Four Very Short Stories by Joe Reilly

-----

“Lucy, I've already established this as a fact. Something is affecting the degenerate. Some external factor is draining the will from his body. He can barely get through putting on his trousers without realizing the futility of it all. He's just going to take them off again that night, anyway. What's the point?”

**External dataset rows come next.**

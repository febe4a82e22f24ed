-- ===== src/Reports/Months.antt =====
-- The months that are reported (report.go, `PreviousMonth` and `Bounds`).
use mathlib.Core.Path.{subst}
use vigia.Prelude.{
  ℕ, zero, suc, ◌+◌, ◌-◌, ◌*◌, ◌/◌, ◌≤◌, ◌<◌, ◌≡◌, ap, sym, ◌∙◌, Bool, true, false, arith,
  if◌then◌else◌,
}
use vigia.Time.{Time, utc_time, day_ns}
use vigia.Time.Civil.{
  Civil, is_leap, days_before_year, days_before_month, month_of, year_of, civil_of, date,
}
use vigia.Time.Calendar.{
  month_of_bounds, day_of_year_bound, year_length, year_of_bounds, year_of-pos,
  days_before_year_mono,
}
use vigia.Reports.{RedecoReportPeriod, date_of_month, previous_month, bounds}

-- A year is found from any of its days.
year_of-between : (y t : ℕ) → days_before_year y ≤ t → t < days_before_year (suc y) → year_of t ≡ y
year_of-between y t low high = ground (
  arith,
  year_of_bounds t,
  days_before_year_mono (suc y) (year_of t),
  days_before_year_mono (suc (year_of t)) y,
)

month_of-first :
    (leap : Bool) (m : ℕ)
    → 1 ≤ m
    → m ≤ 12
    → (month_of leap (days_before_month leap m) ≡ m)
      × (days_before_month leap m < (if leap then 366 else 365))
unfolding month_of days_before_month
month_of-first true m low high = ground arith
month_of-first false m low high = ground arith

abbrev civil_in : ℕ → ℕ → Civil
civil_in y n =
    let m = month_of (is_leap y) n in
    record { year = y; month = m; day = n - days_before_month (is_leap y) m + 1 }

civil_of-year : (y t : ℕ) → year_of t ≡ y → civil_of t ≡ civil_in y (t - days_before_year y)
unfolding civil_of
civil_of-year y t h = ap (λ (z : ℕ). civil_in z (t - days_before_year z)) h

civil_in-first :
    (y m : ℕ)
    → 1 ≤ m
    → m ≤ 12
    → civil_in y (days_before_month (is_leap y) m) ≡ record { year = y; month = m; day = 1 }
civil_in-first y m low high =
    let month = (month_of-first (is_leap y) m low high).0 in
    let day : days_before_month (is_leap y) m
          - days_before_month (is_leap y) (month_of (is_leap y) (days_before_month (is_leap y) m))
          + 1
        ≡ 1 =
      ap (λ (k : ℕ). days_before_month (is_leap y) m - days_before_month (is_leap y) k + 1) month
      ∙ omega arith in
    λ i. record { year = y; month = month i; day = day i }

-- The date of the first of a month is read back.
civil_of-first :
    (y m : ℕ)
    → 1 ≤ y
    → 1 ≤ m
    → m ≤ 12
    → civil_of (date y m 1) ≡ record { year = y; month = m; day = 1 }
unfolding date
civil_of-first y m years low high =
    let n = days_before_month (is_leap y) m in
    let fits = (month_of-first (is_leap y) m low high).1 in
    let year : year_of (date y m 1) ≡ y =
      year_of-between y (date y m 1) (omega arith) (omega (arith, fits, year_length y years)) in
    let rest : date y m 1 - days_before_year y ≡ n = omega arith in
    civil_of-year y (date y m 1) year ∙ ap (civil_in y) rest ∙ civil_in-first y m low high

-- The month behind the last one is the first of the year behind.
date_next_year : (y : ℕ) → 1 ≤ y → date y 13 1 ≡ date (suc y) 1 1
unfolding date days_before_month
date_next_year y years = ground (arith, year_length y years)

abbrev month_start : ℕ → ℕ → Time
month_start y m = utc_time (date y m 1 * day_ns)

-- The bounds of a month are its start and that of the month behind it.
bounds-month :
    (y m : ℕ)
    → 1 ≤ y
    → 1 ≤ m
    → m ≤ 12
    → bounds (record { year = y; month = m }) ≡ (month_start y m, month_start y (m + 1))
unfolding bounds
bounds-month y m years low high =
    ap (λ (c : Civil). (month_start y m, utc_time (date c.year (c.month + 1) c.day * day_ns)))
      (civil_of-first y m years low high)

abbrev stepped : Civil → RedecoReportPeriod
stepped first =
    let previous = civil_of (date_of_month first.year (first.month - 1) first.day) in
    record { year = previous.year; month = previous.month }

previous_month-stepped :
    (now : Time)
    → let c = civil_of (now.ns / day_ns) in
      1 ≤ c.year
      → 1 ≤ c.month
      → c.month ≤ 12
      → previous_month now ≡ stepped (record { year = c.year; month = c.month; day = 1 })
unfolding previous_month
previous_month-stepped now years low high = ap stepped (civil_of-first _ _ years low high)

-- The end of the month of a first day.
end-first :
    (y m t : ℕ)
    → 1 ≤ y
    → 1 ≤ m
    → m ≤ 12
    → t ≡ date y m 1
    → (bounds (record { year = (civil_of t).year; month = (civil_of t).month })).1
      ≡ month_start y (m + 1)
end-first y m t years low high e =
    ap (λ (c : Civil). (bounds (record { year = c.year; month = c.month })).1)
      (ap civil_of e ∙ civil_of-first y m years low high)
    ∙ ap (λ (b : Time × Time). b.1) (bounds-month y m years low high)

later_date : (y k : ℕ) → 1 ≤ k → date_of_month y k 1 ≡ date y k 1
later_date y k h = ground arith

-- The month before ends where a month starts.
stepped-end :
    (y m : ℕ)
    → 1 ≤ m
    → m ≤ 12
    → 13 < y * 12 + m
    → (bounds (stepped (record { year = y; month = m; day = 1 }))).1 ≡ month_start y m
stepped-end zero m low high h = absurd (omega arith)
stepped-end (suc y) zero low high h = absurd (omega arith)
stepped-end (suc y) (suc zero) low high h =
    end-first y 12 (date_of_month (suc y) 0 1) (omega arith) (omega arith) (omega arith)
      (ap (λ (z : ℕ). date z 12 1) (omega arith))
    ∙ ap (λ (d : ℕ). utc_time (d * day_ns)) (date_next_year y (omega arith))
stepped-end (suc y) (suc (suc m)) low high h =
    end-first (suc y) (suc m) (date_of_month (suc y) (suc (suc m) - 1) 1) (omega arith)
      (omega arith) (omega arith)
      (later_date (suc y) (suc (suc m) - 1) (omega arith)
        ∙ ap (λ (k : ℕ). date (suc y) k 1) (omega arith))
    ∙ ap (month_start (suc y)) (omega arith)

-- The month that a time lies in.
abbrev pub month_at : ℕ → RedecoReportPeriod
month_at now = let c = civil_of (now / day_ns) in record { year = c.year; month = c.month }

-- The first 31 days are the first month.
second_month :
    (leap : Bool) (y m d : ℕ)
    → 1 ≤ y
    → 1 ≤ m
    → 31 ≤ d
    → d - days_before_year y < days_before_month leap (suc m)
    → 13 < y * 12 + m
unfolding days_before_year days_before_month
second_month leap zero m d years low late inside = absurd (omega arith)
second_month leap y zero d years low late inside = absurd (omega arith)
second_month leap (suc zero) (suc zero) d years low late inside = absurd (ground arith)
second_month leap (suc zero) (suc (suc m)) d years low late inside = omega arith
second_month leap (suc (suc y)) (suc m) d years low late inside = omega arith

civil_of-bounds :
    (d : ℕ)
    → let c = civil_of d in
      (1 ≤ c.year)
      × (1 ≤ c.month)
      × (c.month ≤ 12)
      × (date c.year c.month 1 ≤ d)
      × (d < date c.year (c.month + 1) 1)
      × (31 ≤ d → 13 < c.year * 12 + c.month)
unfolding civil_of date
civil_of-bounds d =
    let (starts, ends, low, high) =
      month_of_bounds (is_leap (year_of d)) (d - days_before_year (year_of d))
        (day_of_year_bound d) in
    let years = year_of-pos d in
    let m = month_of (is_leap (year_of d)) (d - days_before_year (year_of d)) in
    let next : days_before_month (is_leap (year_of d)) (suc m)
        ≡ days_before_month (is_leap (year_of d)) (m + 1) =
      ap (days_before_month (is_leap (year_of d))) (omega arith) in
    (
      years,
      low,
      high,
      omega (arith, starts, year_of_bounds d),
      omega (arith, ends, next, year_of_bounds d),
      λ late. second_month (is_leap (year_of d)) (year_of d) m d years low late ends,
    )

-- The report of the month before a time ends where the month of that time starts, not behind the time, and
-- the month of the time ends behind it: no time is left out between the two, and none is in both.
pub previous_month-bounds :
    (now : ℕ)
    → 31 ≤ now / day_ns
    → ((bounds (previous_month (utc_time now))).1 ≡ (bounds (month_at now)).0)
      × ((bounds (month_at now)).0.ns ≤ now)
      × (now < (bounds (month_at now)).1.ns)
previous_month-bounds now late =
    let c = civil_of (now / day_ns) in
    let (years, low, high, starts, ends, second) = civil_of-bounds (now / day_ns) in
    let here = bounds-month c.year c.month years low high in
    (
      ap (λ p. (bounds p).1) (previous_month-stepped (utc_time now) years low high)
          ∙ stepped-end c.year c.month low high (second late)
          ∙ sym (ap (λ (b : Time × Time). b.0) here),
      subst (λ (b : Time × Time). b.0.ns ≤ now) (sym here) (omega (arith, starts)),
      subst (λ (b : Time × Time). now < b.1.ns) (sym here) (omega (arith, ends)),
    )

Dr. Becker slouched in his well-worn leather chair, a gift from a former mentor when the good doctor earned tenure at the Institute for Mental Lethargy. Stressed and cracked from many nights spent with furrowed brow and terrible posture, the fatigued upholstery provided the perfect backdrop for Becker's collapsed and defeated frame. Lucy knew he wouldn't be up for any more academic banter tonight. He'd let the subject get to him, and she'd notify the deputy director know as soon as she got back to the guard post. She quickly finished the last of her drink and let herself out into the fluorescent hallway, leaving her wet glass on Becker's oversized desk to make one last ring in the wood.

-----

Satellite dishes angled toward the brown star's surface, straining into space, grasping greedily at the granular warmth of the galaxy. One last gasp of residual infrared radiation recorded, absorbed, scanned, filtered, and stored. Enthalpy and entropy fade to zero, leaving behind absolute tranquility. Ice caked over the computers so thickly that their beige forms could barely be seen. Not a single particle of dust or errant fleck of matter stirred in the dead cosmos. We waited so long for the heat death of the universe. Too bad no one was around to see her go.

-----

The coyote knew to avoid the blaze of yellow lights strung around the barracks. Her ribs expand and contract, a metal frame under taut skin and patchy fur. With paws planted firmly on a cold, rocky outcropping overlooking the valley below, her ears and tail twitch with the straining effort of scouring the campsite with all available senses. The last of the drunken soldiers were either asleep at their guard posts or stumbling into their corrugated aluminum dens. Assault rifles hung at jaunty angles from slumped, bony shoulders. The flat crack from a distance and sharp hissing sound nearby meant that at least one sentry was still alert and taking potshots. Scampering from her perch, the coyote continued to look for food elsewhere. The camp smelled more like piss than a source of a good meal. They were pathetic animals.

-----

The delicate odor of dill pickles wafted out into the corridor, a slender lady working her way through a crowded room. Easily the most delicate aroma in the store-bought turkey sandwich, it slipped past the heavy meat and dairy barriers into the sunlight. A symphony of rich, Eastern smells simmered off of a student's hummus as subtle as from a sorcerer's chickpea cauldron being stirred with a pita. The disturbingly pedestrian reek of EZ Mac was quelled by the sensory riot spewing like shrapnel from a Tupperware full of last night's chicken tikka masala. We all pretended to not notice the offensive incursion of processed palaver generated by the ham and cheese Hot Pocket lurking in the corner, shunned.